Case ID: ad2d_120/html/0659-01.html
Source: Caselaw Access Project
Author: {"author": "", "license": "Public Domain", "url": "https://static.case.law/"}
Date Created: 2024-08-24T03:29:51.129683

Peter Schellenberg et al., Respondents, v Leona E. Wiemann et al., Defendants, and Allstate Insurance Company, Appellant.
   — In a negligence action to recover damages for personal injuries, etc., Allstate Insurance Company (the insurer of the defendants Leona Wiemann and John Sakic) appeals from an order of the Supreme Court, Queens County (Miller, J.), dated April 18, 1985, which denied its motion to vacate the default judgment entered against the defendant Sakic.

Order affirmed, with costs.

This action arose out of an accident which was allegedly caused by the defendant Sakic while he was operating an automobile owned by the defendant Wiemann. On or about November 10, 1979, after the action was commenced, Allstate Insurance Company (hereinafter Allstate) informed Sakic that it did not believe that it was obligated to defend him under either the policy it had issued to Wiemann or the policy it had issued to Sakic, and declined to do so. A default judgment was subsequently entered against the defendant Sakic in the principal amount of $600,000. Sakic and the plaintiffs thereafter entered into a settlement agreement whereby Sakic assigned his "bad faith” rights against Allstate to the plaintiffs, and the plaintiffs agreed not to seek enforcement of the default judgment against him. The plaintiffs apparently brought suit against Allstate, asserting Sakic’s bad-faith claim. Allstate now seeks vacatur of the default judgment against Sakic, contrary to his expressed desire to let the judgment stand.
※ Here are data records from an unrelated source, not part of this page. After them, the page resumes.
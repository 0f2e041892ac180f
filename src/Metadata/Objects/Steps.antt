-- ===== src/Metadata/Objects/Steps.antt =====
-- The parts of a transaction on a calm session.
use tg_files.Common.{
  Text, ◌≡◌, refl, ap, ◌∙◌, Option, none, some, ok, err, select, not, Bool, false, List, [], ◌∷◌,
  ◌&&◌, ◌||◌, text_eq, arith,
}
use tg_files.Metadata.Types.{ObjectRow, Db}
use tg_files.Metadata.Sql.{not_found, calm, query, exec}
use tg_files.Metadata.Sql.Calm.{bind_ok, bind_err, query-calm, pure-calm, raise-calm, exec_ok}
use tg_files.Metadata.Table.{without, find}
use tg_files.Metadata.Statements.{
  select_object, select_chunks, delete_chunks, delete_object_row, of_object, object_key,
  same_object,
}
use tg_files.Metadata.Objects.{
  get_object_in_tx, object_exists_in_tx, delete_object_in_tx, scan_object, object_of_row,
  is_some_row,
}

-- Has one of the rows this bucket and this key?
abbrev pub is_there : Text → Text → List ObjectRow → Bool
is_there bucket key [] = false
is_there bucket key (row ∷ rows) =
    (text_eq row.bucket bucket && text_eq row.key key) || is_there bucket key rows

find-is_there :
    (bucket key : Text) (rows : List ObjectRow)
    → is_some_row (find object_key same_object (bucket, key) rows) ≡ is_there bucket key rows
unfolding find is_some_row same_object
find-is_there bucket key [] = refl
find-is_there bucket key (row ∷ rows) = ground (arith, find-is_there bucket key rows)

pub is_some_row-is_there :
    (bucket key : Text) (db : Db)
    → is_some_row (select_object bucket key db) ≡ is_there bucket key db.objects
unfolding select_object
is_some_row-is_there bucket key db = find-is_there bucket key db.objects

module _ (bucket key : Text) (db : Db) where
  selected :
      (row : Option ObjectRow)
      → select_object bucket key db ≡ row
      → query (select_object bucket key) (calm db) ≡ (ok row, calm db)
  selected row e =
      query-calm (select_object bucket key) db ∙ ap (λ (r : Option ObjectRow). (ok r, calm db)) e

  pub get_in_tx-none :
      select_object bucket key db ≡ none
      → get_object_in_tx bucket key (calm db) ≡ (err not_found, calm db)
  unfolding get_object_in_tx
  get_in_tx-none e =
      bind_ok (query (select_object bucket key)) _ (calm db) none (selected none e)
      ∙ bind_err (scan_object none) _ (calm db) not_found (raise-calm not_found (calm db))

  pub get_in_tx-some :
      (row : ObjectRow)
      → select_object bucket key db ≡ some row
      → get_object_in_tx bucket key (calm db)
        ≡ (ok (object_of_row row, select_chunks bucket key db), calm db)
  unfolding get_object_in_tx
  get_in_tx-some row e =
      let object = object_of_row row in
      let chunks = select_chunks bucket key db in
      bind_ok (query (select_object bucket key)) _ (calm db) (some row) (selected (some row) e)
      ∙ bind_ok (scan_object (some row)) _ (calm db) object (pure-calm object (calm db))
      ∙ bind_ok (query (select_chunks bucket key)) _ (calm db) chunks
          (query-calm (select_chunks bucket key) db)
      ∙ pure-calm (object, chunks) (calm db)

  pub exists_in_tx-calm :
      object_exists_in_tx bucket key (calm db) ≡ (ok (is_there bucket key db.objects), calm db)
  unfolding object_exists_in_tx
  exists_in_tx-calm =
      bind_ok (query (select_object bucket key)) _ (calm db) (select_object bucket key db)
        (query-calm (select_object bucket key) db)
      ∙ rw (is_some_row-is_there bucket key db)
          (pure-calm (is_there bucket key db.objects) (calm db))

  -- The tables behind a delete.
  abbrev pub deleted : Db
  deleted = record db {
    objects = without object_key same_object (bucket, key) db.objects;
    object_chunks = select (λ c. not (of_object bucket key c)) db.object_chunks;
  }

  pub delete_in_tx-calm : delete_object_in_tx bucket key (calm db) ≡ (ok tt, calm deleted)
  unfolding delete_object_in_tx
  delete_in_tx-calm =
      let cleared : Db = record db {
        object_chunks = select (λ c. not (of_object bucket key c)) db.object_chunks;
      } in
      bind_ok (exec (delete_chunks bucket key)) _ (calm db) tt
        (exec_ok (delete_chunks bucket key) {db' = cleared} refl)
      ∙ exec_ok (delete_object_row bucket key) {db' = deleted} refl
Under the circumstances, Special Term was correct in finding that Allstate lacked standing to bring this motion to vacate the default judgment entered against Sakic. Allstate was not an "interested person” within the meaning of CPLR 5015 (a). In view of the fact that Allstate refused to defend Sakic when this action was initially brought, and that it is Sakic’s expressed desire not to upset the default judgment, this is not a proper case to invoke our inherent discretionary power to grant relief from the challenged default judgment in the interest of justice (see, Jakobleff v Jakobleff, 108 AD2d 725; cf. Nicholas v Consolidated Edison Co., 100 AD2d 957, 958). Mollen, P. J., Lawrence, Kunzeman and Kooper, JJ., concur.